# Directions:
Below this line is the material. Write out only its lines from the one containing "all_below zero p = true" through the one containing "all_below-true (suc n)", both kept, exactly.

:: Input data ::

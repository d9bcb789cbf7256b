-- ===== src/WebSocketFrameFilter/Encoding.antt =====
-- src/chaos/WebSocketFrameFilter.ts: frames written as RFC 6455 says are found in the stream.
use Prim.Native.Nat.{bit_xor, ℕ, suc, zero}
use pulse_distributed_real_t.WebSocketFrameFilter.{
  Buffer, ◌==◌, read_uint_be, max_safe_integer, read_header, byte_at, subarray, header,
}
use pulse_distributed_real_t.Prelude.{
  ℕ, ◌==◌, Bool, ◌≡◌, ◌<◌, ◌/◌, ◌≤◌, true, arith, ◌%◌, ◌∷◌, refl, ◌&&◌, [], zero, if◌then◌else◌,
  ◌+◌, false, ltb, ◌++◌, length, Bool-cases, inl, inr,
}
use mathlib.Core.Bool.{false}

-- Exclusive or twice, for bytes.
all_below : ℕ → (ℕ → Bool) → Bool
all_below zero p = true
all_below (suc n) p = p n && all_below n p

xor_table : all_below 256 (λ x. all_below 256 (λ k. bit_xor (bit_xor x k) k == x)) ≡ true
unfolding all_below
xor_table = refl

all_below-true : (n : ℕ) (p : ℕ → Bool) (x : ℕ) → all_below n p ≡ true → x < n → p x ≡ true
unfolding all_below
all_below-true zero p x h lt = absurd (omega arith)
all_below-true (suc n) p x h lt = ground (arith, all_below-true n p x)

pub bit_xor_twice : (x k : ℕ) → x < 256 → k < 256 → bit_xor (bit_xor x k) k ≡ x
bit_xor_twice x k h g = ground (
  arith,
  all_below-true 256 (λ k. bit_xor (bit_xor x k) k == x) k
      (all_below-true 256 (λ x. all_below 256 (λ k. bit_xor (bit_xor x k) k == x)) x xor_table h) g,
)

bytes_2 : ℕ → Buffer
bytes_2 n = n / 256 % 256 ∷ n % 256 ∷ []

read_2 : (n : ℕ) → n < 65536 → read_uint_be 0 (bytes_2 n) ≡ n
unfolding read_uint_be bytes_2
read_2 n h = omega arith

bytes_8 : ℕ → Buffer
bytes_8 n =
    n / 72057594037927936 % 256
    ∷ n / 281474976710656 % 256
    ∷ n / 1099511627776 % 256
    ∷ n / 4294967296 % 256
    ∷ n / 16777216 % 256
    ∷ n / 65536 % 256
    ∷ n / 256 % 256
    ∷ n % 256
    ∷ []

read_8 : (n : ℕ) → n ≤ max_safe_integer → read_uint_be 0 (bytes_8 n) ≡ n
unfolding read_uint_be bytes_8
read_8 n h = omega arith

-- The length as RFC 6455 writes it, in the shortest form.
unfoldable pub indicator : ℕ → ℕ
indicator n = if ltb n 126 then n else if ltb n 65536 then 126 else 127

unfoldable pub length_bytes : ℕ → Buffer
unfolding bytes_2 bytes_8
length_bytes n = if ltb n 126 then [] else if ltb n 65536 then bytes_2 n else bytes_8 n

abbrev pub bit : Bool → ℕ
bit true = 128
bit false = 0

bit-indicator : (b : Bool) (n : ℕ) → (bit b + indicator n) % 128 ≡ indicator n
unfolding indicator
bit-indicator true n = ground arith
bit-indicator false n = ground arith

-- The header, once the indicator has been read from the second byte.
read_from_indicator :
    (x y n : ℕ) (more : Buffer)
    → y % 128 ≡ indicator n
    → n ≤ max_safe_integer
    → read_header (x ∷ y ∷ (length_bytes n ++ more)) ≡ header (2 + length (length_bytes n)) n
unfolding read_header length_bytes byte_at subarray indicator bytes_2 bytes_8
read_from_indicator x y n more e h = elim (Bool-cases (ltb n 126)) [
  | inl tiny ↦ ground arith
  | inr large ↦ elim (Bool-cases (ltb n 65536)) [
    | inl short ↦ ground (arith, read_2 n (ground arith))
    | inr long ↦ ground (arith, read_8 n h)
  ]
]

pub read_header-length_bytes :
    (x : ℕ) (b : Bool) (n : ℕ) (more : Buffer)
    → n ≤ max_safe_integer
    → read_header (x ∷ (bit b + indicator n) ∷ (length_bytes n ++ more))
      ≡ header (2 + length (length_bytes n)) n
read_header-length_bytes x b n more h = read_from_indicator x _ n more (bit-indicator b n) h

:::

# Written reply:
all_below zero p = true
all_below (suc n) p = p n && all_below n p

xor_table : all_below 256 (λ x. all_below 256 (λ k. bit_xor (bit_xor x k) k == x)) ≡ true
unfolding all_below
xor_table = refl

all_below-true : (n : ℕ) (p : ℕ → Bool) (x : ℕ) → all_below n p ≡ true → x < n → p x ≡ true
unfolding all_below
all_below-true zero p x h lt = absurd (omega arith)
all_below-true (suc n) p x h lt = ground (arith, all_below-true n p x)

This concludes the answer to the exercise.